When the 20th century came to an end without the vindication of Fukuyama’s thesis for the “end of history” or the false panic of ‘Y2K’, Robert Darnton was accepted to be one of the leading figures of the fields of cultural history, anthropological history, and the history of books. Selections from his works, most notably The Great Cat Massacre, were included in almost every reader of historiography in many corners of the world. His writings on the history of books became influential over a wide geography, triggering works on the cultures of reading in varying historical societies.

As we are fast approaching the end of the second decade of the 21st century, Robert Darnton is now known not only as one of the most influential historians, but also as one of the most popular librarians, after directing the Harvard University Libraries for 8 years, and also as one of the ardent supporters of the democratic transformation of our reading culture against corporate attempts to privatize the digital use of books. The Case for Books: Past, Present, and Future, tells the story of how this esteemed historian turned into a public defender of books, through bringing together Darnton’s essays published mostly in the New York Review of Books.

Historian versus Google

Darnton, a cultural historian of Enlightenment and pre-Revolutionary France, came to the fore of the debate around digitization of books and public access in 2008 and 2009 as Google Books made agreements with the biggest research libraries in the world, and then ended up in trial with most of them over digitization of their collections. Darnton was then the newly appointed Director of Harvard University Libraries, and he started writing critical essays on the process, actively pushing for democratization of access to books, as essential parts of our global cultural heritage.

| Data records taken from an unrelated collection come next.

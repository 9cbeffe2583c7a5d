-- ===== src/Lifecycle/Prune.antt =====
-- What pruning keeps and what it deletes.
use mathlib.Core.Path.{subst}
use agentic_etf_advisor.Prelude.{
  ℕ, ◌≤◌, String, ◌≡◌, refl, sym, ap, ◌∙◌, ◌⊎◌, inl, inr, true, false, not, ◌&&◌, ◌||◌, some, List,
  [], ◌∷◌, arith, str_eq, str_eq_iff, ltb, Bool-cases, is_none, In,
}
use agentic_etf_advisor.Lifecycle.Dict.{IsDict}
use agentic_etf_advisor.Lifecycle.Record.{
  Checked-cases, done, read_record, LifecycleRecord, document, Libraries, Datetime,
}
use agentic_etf_advisor.Lifecycle.Store.{LifecycleStore, read_metadata, erase, read}
use agentic_etf_advisor.Lifecycle.Sweep.{
  ExpiredPreview, Outcome, preview_expired, erased, prune_current, prune_one, prune_all, prune,
}
use agentic_etf_advisor.Lifecycle.Valid.{
  IsDigest, IsStored, read_record-IsStored, IsStored-read_record, same-eq,
}
use agentic_etf_advisor.Lifecycle.Preview.{IsExpired, preview_expired-done, preview_expired_iff}
use agentic_etf_advisor.Lifecycle.Held.{
  IsKept, IsGone, IsKept-refl, IsKept-IsGone, IsKept-sym, IsKept-trans, erase-IsGone, erase-IsKept,
}

module _ {D : Type 0} (lib : Libraries D) (laws : IsDigest lib) where
  -- The record that a deletion is allowed for.
  pub record IsPruned (s : LifecycleStore D) (cutoff : ℕ) (key : String) (expected : D)
      : Type 0 where
    pub current : LifecycleRecord D
    pub stored : IsStored lib laws key (read_metadata s key) current
    pub unchanged : lib.same current.integrity expected ≡ true
    pub past : current.values.expires_at ≤ cutoff

  pub prune_one-cases :
      (s : LifecycleStore D) (cutoff : ℕ) (key : String) (expected : D)
      → ((prune_one lib s cutoff key expected).1 ≡ s)
        ⊎ (IsPruned s cutoff key expected
            × ((prune_one lib s cutoff key expected).1 ≡ (erase s key).1))
  unfolding prune_one prune_current erased read
  prune_one-cases s cutoff key expected = elim (Bool-cases (s.durable && is_none (lib.uuid4 key))) [
    | inl u ↦ inl (rw (u, prune_one) refl)
    | inr u ↦ elim (Bool-cases (is_none (read_metadata s key))) [
      | inl n ↦ inl (rw (u, n, prune_one) refl)
      | inr n ↦ elim (Checked-cases (read_record lib key (read_metadata s key))) [
        | inl (error, e) ↦ inl (rw (u, n, e, prune_one) refl)
        | inr (r, e) ↦
            elim (Bool-cases
              (not (lib.same r.integrity expected) || ltb cutoff r.values.expires_at)) [
                | inl x ↦ inl (rw (u, n, e, x, prune_one) refl)
                | inr x ↦ inr (
                  record {
                    current = r;
                    stored = read_record-IsStored lib laws key (read_metadata s key) e;
                    unchanged = ground (arith, x);
                    past = ground (arith, x);
                  },
                  rw (u, n, e, x, prune_one) refl,
                )
              ]
      ]
    ]
  ]

  prune_one-deleted :
      (s : LifecycleStore D) (cutoff : ℕ) (key : String) (expected : D)
      → is_none (lib.uuid4 key) ≡ false
      → IsPruned s cutoff key expected
      → (prune_one lib s cutoff key expected).1 ≡ (erase s key).1
  unfolding prune_one prune_current erased read
  prune_one-deleted s cutoff key expected u p =
      let known : (s.durable && is_none (lib.uuid4 key)) ≡ false = ground (arith, u) in
      rw
        (
          known,
          IsStored-read_record lib laws key (read_metadata s key) p.stored,
          p.unchanged,
          p.stored.stored,
          prune_one,
        )
        (ground (arith, p.past))

  -- One turn of the loop keeps what is held of a thread, or deletes it with leave.
  prune_one-turn :
      (s : LifecycleStore D) (cutoff : ℕ) (key : String) (expected : D) (other : String)
      → IsKept other s (prune_one lib s cutoff key expected).1
        ⊎ ((other ≡ key)
            × IsPruned s cutoff other expected
            × IsGone other (prune_one lib s cutoff key expected).1)
  prune_one-turn s cutoff key expected other = elim (prune_one-cases s cutoff key expected) [
    | inl e ↦ inl (subst (IsKept other s) (sym e) (IsKept-refl other s))
    | inr (p, e) ↦ elim (Bool-cases (str_eq other key)) [
      | inl same ↦
          (let o : other ≡ key = (str_eq_iff other key).0 same in
            inr (
              o,
              subst (λ k. IsPruned s cutoff k expected) (sym o) p,
              subst (λ k. IsGone k (prune_one lib s cutoff key expected).1) (sym o)
                  (subst (IsGone key) (sym e) (erase-IsGone s key)),
            ))
      | inr apart ↦ inl (subst (IsKept other s) (sym e) (erase-IsKept s key other apart))
    ]
  ]

  IsKept-IsPruned :
      {s t : LifecycleStore D} {cutoff : ℕ} {key : String} {expected : D}
      → IsKept key s t
      → IsPruned t cutoff key expected
      → IsPruned s cutoff key expected
  IsKept-IsPruned k p = record {
    current = p.current;
    stored = record {
      stored = sym k.metadata ∙ p.stored.stored;
      valid = p.stored.valid;
      named = p.stored.named;
    };
    unchanged = p.unchanged;
    past = p.past;
  }

  prune_all-IsGone :
      (s : LifecycleStore D) (cutoff : ℕ) (candidates : List (String × D)) (key : String)
      → IsGone key s
      → IsGone key (prune_all lib s cutoff candidates).1
  unfolding prune_all
  prune_all-IsGone s cutoff [] key g = g
  prune_all-IsGone s cutoff ((k, expected) ∷ candidates) key g =
      prune_all-IsGone (prune_one lib s cutoff k expected).1 cutoff candidates key
        (elim (prune_one-turn s cutoff k expected key) [
          | inl kept ↦ IsKept-IsGone kept g
          | inr (o, p, gone) ↦ gone
        ])

  prune_all-safe :
      (s : LifecycleStore D) (cutoff : ℕ) (candidates : List (String × D)) (key : String)
      → IsKept key s (prune_all lib s cutoff candidates).1
        ⊎ ((expected : D) × In (key, expected) candidates
            × IsPruned s cutoff key expected
            × IsGone key (prune_all lib s cutoff candidates).1)
  unfolding prune_all
  prune_all-safe s cutoff [] key = inl (IsKept-refl key s)
  prune_all-safe s cutoff ((k, expected) ∷ candidates) key =
      elim (prune_one-turn s cutoff k expected key) [
        | inr (o, p, gone) ↦ inr (
          expected,
          inl (λ i. (o i, expected)),
          p,
          prune_all-IsGone (prune_one lib s cutoff k expected).1 cutoff candidates key gone,
        )
        | inl kept ↦
            elim (prune_all-safe (prune_one lib s cutoff k expected).1 cutoff candidates key) [
              | inl later ↦ inl (IsKept-trans kept later)
              | inr (e, i, p, gone) ↦ inr (e, inr i, IsKept-IsPruned kept p, gone)
            ]
      ]

  prune_all-deleted :
      (s : LifecycleStore D) (cutoff : ℕ) (candidates : List (String × D)) (key : String)
      (expected : D)
      → is_none (lib.uuid4 key) ≡ false
      → In (key, expected) candidates
      → IsPruned s cutoff key expected
      → IsGone key (prune_all lib s cutoff candidates).1
  unfolding prune_all
  prune_all-deleted s cutoff [] key expected u i p = absurd i
  prune_all-deleted s cutoff ((k, e) ∷ candidates) key expected u (inl same) p =
      let k_same : key ≡ k = ap (λ x. x.0) same in
      let e_same : expected ≡ e = ap (λ x. x.1) same in
      prune_all-IsGone (prune_one lib s cutoff k e).1 cutoff candidates key (
        rw (sym k_same, sym e_same)
          (subst (IsGone key) (sym (prune_one-deleted s cutoff key expected u p))
            (erase-IsGone s key)))
  prune_all-deleted s cutoff ((k, e) ∷ candidates) key expected u (inr i) p =
      elim (prune_one-turn s cutoff k e key) [
        | inr (o, q, gone) ↦
            prune_all-IsGone (prune_one lib s cutoff k e).1 cutoff candidates key gone
        | inl kept ↦
            prune_all-deleted (prune_one lib s cutoff k e).1 cutoff candidates key expected u i
              (IsKept-IsPruned (IsKept-sym kept) p)
      ]

  -- Pruning a store with a preview of that store at an earlier time keeps everything of a thread, or
  -- deletes it whole; then the preview was of a durable store, the record was past its expiry, and it
  -- is the same record now.
  pub prune_safe :
      (s t : LifecycleStore D) (clock : Datetime) (p : ExpiredPreview D)
      (outcomes : List (String × Outcome)) (pruned : LifecycleStore D)
      → IsDict s.metadata
      → preview_expired lib s clock ≡ done p
      → prune lib t p ≡ done (outcomes, pruned)
      → (key : String)
      → IsKept key t pruned
        ⊎ ((r : LifecycleRecord D) × IsExpired lib laws s.durable p.cutoff key
              (read_metadata s key)
              r
            × (read_metadata t key ≡ some (document r))
            × IsGone key pruned)
  unfolding prune
  prune_safe s t clock p outcomes pruned dict made h key =
      let after : (prune_all lib t p.cutoff p.candidates).1 ≡ pruned = ground (arith, h) in
      elim (prune_all-safe t p.cutoff p.candidates key) [
        | inl kept ↦ inl (subst (IsKept key t) after kept)
        | inr (expected, i, q, gone) ↦
            (let (r, x, same) =
                (preview_expired_iff lib laws s clock p dict made key expected).0 i in
              inr (
                r,
                x,
                q.stored.stored
                    ∙ ap (λ y. some (document y))
                        (same-eq lib laws q.current r q.stored.valid x.stored.valid
                          (subst (λ y. lib.same q.current.integrity y ≡ true) same q.unchanged)),
                subst (IsGone key) after gone,
              ))
      ]

  -- Pruning with a preview succeeds, and deletes whole every thread with a token that the preview's
  -- store held past its expiry and whose record is still the same.
  pub prune_live :
      (s t : LifecycleStore D) (clock : Datetime) (p : ExpiredPreview D) (key : String)
      (r : LifecycleRecord D)
      → IsDict s.metadata
      → preview_expired lib s clock ≡ done p
      → IsExpired lib laws s.durable p.cutoff key (read_metadata s key) r
      → read_metadata t key ≡ some (document r)
      → is_none (lib.uuid4 key) ≡ false
      → (outcomes : List (String × Outcome)) × (pruned : LifecycleStore D) × (prune lib t p
          ≡ done (outcomes, pruned))
        × IsGone key pruned
  unfolding prune
  prune_live s t clock p key r dict made x still u = (
    (prune_all lib t p.cutoff p.candidates).0,
    (prune_all lib t p.cutoff p.candidates).1,
    ground (arith, (preview_expired-done lib laws s clock p made).1, laws.same_refl p.integrity),
    prune_all-deleted t p.cutoff p.candidates key r.integrity u
        ((preview_expired_iff lib laws s clock p dict made key r.integrity).1 (r, x, refl))
        (record {
          current = r;
          stored = record { stored = still; valid = x.stored.valid; named = x.stored.named };
          unchanged = laws.same_refl r.integrity;
          past = x.past;
        }),
  )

In these pieces, Darnton appears neither as a futurist who is pronouncing the doom of the conventional codex, nor as a nostalgist who laments the demise of good ol’ libraries and books. His discussion of the ‘information age’ is especially critical. After describing four fundamental shifts in ‘information technology’ (the advent of writing in 4000 BC, the invention of the codex in the beginning of the common era, the invention of moveable type in Western Europe in the 15th century, and lastly the internet’s emergence as a tool for global communication in the 1990s), he argues against widespread fear of the unstable nature of the production and speed of information in our present day: “I want to argue that every age was an age of information, each in its own way, and that information has always been unstable” (p. 23). With his examples of the unstable character of the corpus of Shakespeare or l’Encyclopédie, he is informative and persuasive.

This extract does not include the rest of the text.